Very much agree, I was thinking many of the same thoughts when I wrote
this: http://lists.eogeo.org/pipermail/opensdi/2005-April/000076.html
But it ended up as more of a brain dump.

I think expressing the insert stuff as another set of WFS-T operations
is definitely key. I like your thought of doing it as normal WFS-T
transaction, and then just performing the sub actions. Indeed the nice
thing is that the second table of the history stuff is _also_ available
as WFS, and could be used by clients to return the revision history.

I very much agree with you re: doing validation there, instead of where
it's lumped in now. Indeed I think eventually it would be great if a
user could 'compose' their insert chain. You could introduce other
things into the work flow like a peer review. Before the real commit
it goes to another temp table where someone else has to review the
changes and sign them off before it modifies the main. Validation,
attribution, peer review, revision history, and more would just be
options that a user chooses for how much process they want in their
spatial data maintenance. And yes, for application developers all that
should be exposed is WFS-T.

The one thing we really need though, that is currently missing, is
attribution. In a hacky approach I was thinking of doing a first run
with a _slightly_ different WFS-T request that had a field for
'username'. Eventually (or perhaps sooner) we could do authentication,
which would be nice for security reasons anyway. Even if we allowed
everyone to sign up for an account...

The one other thing that I feel would be nice to have is a 'comment'
field, like in cvs commits, so you can see why someone did a given
change, what their source for the change was, ect.

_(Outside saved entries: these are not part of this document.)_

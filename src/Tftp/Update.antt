-- ===== src/Tftp/Update.antt =====
-- Firmware updates: what makes `tftp_task` restart, and what it has written then.
use blackmagic_espidf.Base.{
  ℕ, ◌%◌, ◌^◌, ◌≤◌, ◌≡◌, ◌⊎◌, append_assoc, refl, sym, ◌∙◌, ap, Bool, true, false, none, List, [],
  ◌∷◌, ◌++◌, map, length, ltb, ◌==◌, ==_iff, Bool-cases, inl, inr, arith,
}
use blackmagic_espidf.Tftp.Packet.{
  ErrT, err_ok, err_timeout, err_val, err_if, err_use, err, Netbuf, netbuf_len, read_u16_n, op_wrq,
  firmware_file, octet_mode, ack_packet,
}
use blackmagic_espidf.Tftp.Field.{get_field}
use blackmagic_espidf.Tftp.Receive.{
  Recv, datagram, Action, Outcome, returned, pending, undefined, send, netbuf_delete, connect,
  disconnect, World, receive_data,
}
use blackmagic_espidf.Tftp.Rounds.{IsHealthy, written, written-append}
use blackmagic_espidf.Tftp.Transfer.{Transfer, receive_data-completes}
use blackmagic_espidf.Tftp.Server.{
  Effect, net, set_recvtimeout, ota_init, set_boot_partition, restart, netconn_delete, After,
  listening, restarted, is_text, is_ok, finish, then_effects, start_transfer, on_request, serve,
}

-- The bytes that a list of effects writes to the flash.
abbrev pub flashed : List Effect → List ℕ
flashed [] = []
flashed (net a ∷ es) = written (a ∷ []) ++ flashed es
flashed (set_recvtimeout n ∷ es) = flashed es
flashed (ota_init ∷ es) = flashed es
flashed (set_boot_partition ∷ es) = flashed es
flashed (restart ∷ es) = flashed es
flashed (netconn_delete ∷ es) = flashed es

pub flashed-net :
    (acts : List Action) (es : List Effect)
    → flashed es ≡ []
    → flashed (map net acts ++ es) ≡ written acts
flashed-net [] es h = h
flashed-net (a ∷ acts) es h =
    ap (λ l. written (a ∷ []) ++ l) (flashed-net acts es h) ∙ sym (written-append (a ∷ []) acts)

-- A request that the server accepts.
pub record IsUpdate (w : World) (b : Netbuf) : Type 0 where
  pub long : 6 ≤ netbuf_len b % 2 ^ 16
  pub opcode : read_u16_n w.junk b 0 ≡ op_wrq
  pub file : is_text (get_field 0 b) firmware_file ≡ true
  pub mode : is_text (get_field 1 b) octet_mode ≡ true

request-accepted :
    (w : World) (boots : Bool) (from : ℕ) (b : Netbuf) (rs : List Recv)
    → IsUpdate w b
    → on_request w boots from b rs ≡ start_transfer w boots from rs
unfolding on_request
request-accepted w boots from b rs u = ground (arith, u.long, u.opcode, u.file, u.mode)

-- What the server does between an accepted request and the transfer.
abbrev prelude : ℕ → List Effect
prelude from =
    set_recvtimeout 0
    ∷ net (connect from)
    ∷ net netbuf_delete
    ∷ net (send (ack_packet 0))
    ∷ ota_init
    ∷ set_recvtimeout 10000
    ∷ []

module _ (w : World) (boots : Bool) (from : ℕ) (b : Netbuf) (rs : List Recv)
    (u : IsUpdate w b) where
  serve-started :
      w.send_result (ack_packet 0) ≡ err_ok
      → serve w boots (datagram from b ∷ rs)
        ≡ then_effects (prelude from) (finish boots (receive_data w none rs))
  unfolding serve start_transfer
  serve-started sent = rw (request-accepted w boots from b rs u, sent) refl

  serve-unsent :
      is_ok (w.send_result (ack_packet 0)) ≡ false
      → (serve w boots (datagram from b ∷ rs)).1 ≡ listening rs
  unfolding serve start_transfer
  serve-unsent unsent = rw (request-accepted w boots from b rs u, unsent) refl

finish-boots :
    (acts : List Action) (n : ℕ) (rest : List Recv)
    → ((finish true (acts, returned err_ok n rest)).1 ≡ restarted)
      × (flashed (finish true (acts, returned err_ok n rest)).0 ≡ written acts)
unfolding finish
finish-boots acts n rest = (
  refl,
  rw append_assoc (flashed-net acts (net disconnect ∷ set_boot_partition ∷ restart ∷ []) refl),
)

pub serve-updates :
    (w : World) (from : ℕ) (b : Netbuf) {rest rs : List Recv} {file : List ℕ}
    → IsHealthy w
    → IsUpdate w b
    → Transfer rest 1 10 file rs
    → ((serve w true (datagram from b ∷ rs)).1 ≡ restarted)
      × (flashed (serve w true (datagram from b ∷ rs)).0 ≡ file)
serve-updates w from b {rest} {rs} {file} healthy u t =
    let (acts, e, wr) = receive_data-completes w none healthy t in
    let whole : serve w true (datagram from b ∷ rs)
        ≡ then_effects (prelude from) (finish true (acts, returned err_ok (length file) rest)) =
      serve-started w true from b rs u (healthy.sends (ack_packet 0))
      ∙ ap (λ x. then_effects (prelude from) (finish true x)) e in
    let (boot, flash) = finish-boots acts (length file) rest in
    (ap (λ p. p.1) whole ∙ boot, ap (λ p. flashed p.0) whole ∙ flash ∙ wr)

-- What one round of `tftp_task` does with a datagram that is no update request: it writes nothing,
-- restarts nothing, and listens on. Any datagram is such a one or an update request.
pub serve-refuses :
    (w : World) (boots : Bool) (from : ℕ) (b : Netbuf) (rs : List Recv)
    → IsUpdate w b
      ⊎ (((serve w boots (datagram from b ∷ rs)).1 ≡ listening rs)
          × (flashed (serve w boots (datagram from b ∷ rs)).0 ≡ []))
unfolding serve on_request
serve-refuses w boots from b rs = elim (Bool-cases (ltb (netbuf_len b % 2 ^ 16) 6)) [
  | inl short ↦ rw short (inr (refl, refl))
  | inr long ↦ elim (Bool-cases (read_u16_n w.junk b 0 == op_wrq)) [
    | inr other ↦ rw (long, other) (inr (refl, refl))
    | inl opcode ↦ elim (Bool-cases (is_text (get_field 0 b) firmware_file)) [
      | inr other ↦ rw (long, opcode, other) (inr (refl, refl))
      | inl file ↦ elim (Bool-cases (is_text (get_field 1 b) octet_mode)) [
        | inr other ↦ rw (long, opcode, file, other) (inr (refl, refl))
        | inl mode ↦ inl (record {
          long = ground arith;
          opcode = (==_iff _ _).0 opcode;
          file = file;
          mode = mode;
        })
      ]
    ]
  ]
]

is_ok_sound : (e : ErrT) → is_ok e ≡ true → e ≡ err_ok
is_ok_sound err_ok h = refl
is_ok_sound err_timeout h = cc
is_ok_sound err_val h = cc
is_ok_sound err_if h = cc
is_ok_sound err_use h = cc
is_ok_sound (err n) h = cc

abbrev Finished : Bool → List Action × Outcome → Type 0
Finished boots x =
    (boots ≡ true)
    × ((acts : List Action) × (n : ℕ) × (rest : List Recv) × (x ≡ (acts, returned err_ok n rest))
        × (flashed (finish boots x).0 ≡ written acts))

finish-restarts :
    (boots : Bool) (x : List Action × Outcome) → (finish boots x).1 ≡ restarted → Finished boots x
unfolding finish
finish-restarts true (acts, returned err_ok n rest) h =
    (refl, (acts, n, rest, refl, (finish-boots acts n rest).1))
finish-restarts false (acts, returned err_ok n rest) h = cc
finish-restarts boots (acts, returned err_timeout n rest) h = cc
finish-restarts boots (acts, returned err_val n rest) h = cc
finish-restarts boots (acts, returned err_if n rest) h = cc
finish-restarts boots (acts, returned err_use n rest) h = cc
finish-restarts boots (acts, returned (err k) n rest) h = cc
finish-restarts boots (acts, pending) h = cc
finish-restarts boots (acts, undefined) h = cc

no_restart : {rs : List Recv} {a : After} → a ≡ listening rs → a ≡ restarted → ⊥
no_restart e h = cc

-- The probe restarts only into a complete update: if a round of `tftp_task` restarts on a datagram,
-- then this was an update request, its acknowledgement was sent, the flash was marked for booting,
-- and the transfer read behind it has ended with ERR_OK; what the round has written is what that
-- transfer has written.
pub serve-restarts :
    (w : World) (boots : Bool) (from : ℕ) (b : Netbuf) (rs : List Recv)
    → (serve w boots (datagram from b ∷ rs)).1 ≡ restarted
    → IsUpdate w b
      × (w.send_result (ack_packet 0) ≡ err_ok)
      × (boots ≡ true)
      × ((acts : List Action) × (n : ℕ) × (rest : List Recv) × (receive_data w none rs
            ≡ (acts, returned err_ok n rest))
          × (flashed (serve w boots (datagram from b ∷ rs)).0 ≡ written acts))
serve-restarts w boots from b rs h = elim (serve-refuses w boots from b rs) [
  | inr refused ↦ absurd (no_restart refused.0 h)
  | inl u ↦ elim (Bool-cases (is_ok (w.send_result (ack_packet 0)))) [
    | inr unsent ↦ absurd (no_restart (serve-unsent w boots from b rs u unsent) h)
    | inl sent ↦
        let ok : w.send_result (ack_packet 0) ≡ err_ok = is_ok_sound _ sent in
        let whole : serve w boots (datagram from b ∷ rs)
            ≡ then_effects (prelude from) (finish boots (receive_data w none rs)) =
          serve-started w boots from b rs u ok in
        let (marked, (acts, n, rest, e, flash)) =
          finish-restarts boots (receive_data w none rs) (sym (ap (λ p. p.1) whole) ∙ h) in
        (u, ok, marked, (acts, n, rest, e, ap (λ p. flashed p.0) whole ∙ flash))
  ]
]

Though I suppose that you could make it a special attribute in Features
inserted. Though that's hacky. Or do we have the possibility of
vendor specific params in WFS-T?

I'm not 100% sure but I think that our current transaction architecture
does not commit until all inserts are successful, I believe even cross
datastores. Like if your second or third sub transaction fails then
all rollback. So as long as they're in the same end transaction
request (which can hold inserts and updates mixed) then it should be
fine.

Chris

Quoting dblasby@anonymised.com:

Chris,

You recently mentioned (in the context of wiki-like-editing spatial
data) of having the WFS keep track of feature updates and deletes
(ie.
keep some sort of historical information) so that it could be either
'rolled back' or you could ask for a view at a particular timeframe.

I was thinking this could be done with a simple web service that
would
take an incoming WFS <transaction> and transform it into a more
complex
set of sub-actions.

For example, an update could move the current database row to another
table (with a timestamp), then update the actual row. These
operations
can be easily expressed in terms of other WFS request. In the above
case, the update request gets translated into a GetFeature (from the
main table), Insert (back up that row in another table), then an
Update
(of the main table). If you were really paranoid, you can also throw
in some locks!

There's all sorts of different ways of keeping historical
information.

To the outside world, they only see a normal WFS-T so clients dont
have
to even know that something fancy is going on, which is super sweet
for
application developers.

I also think this (having a meta-service wrap a more basic service in
a
chain) is a good way of doing the current validation instead of where
its currently performed (but I could be convinced otherwise on this).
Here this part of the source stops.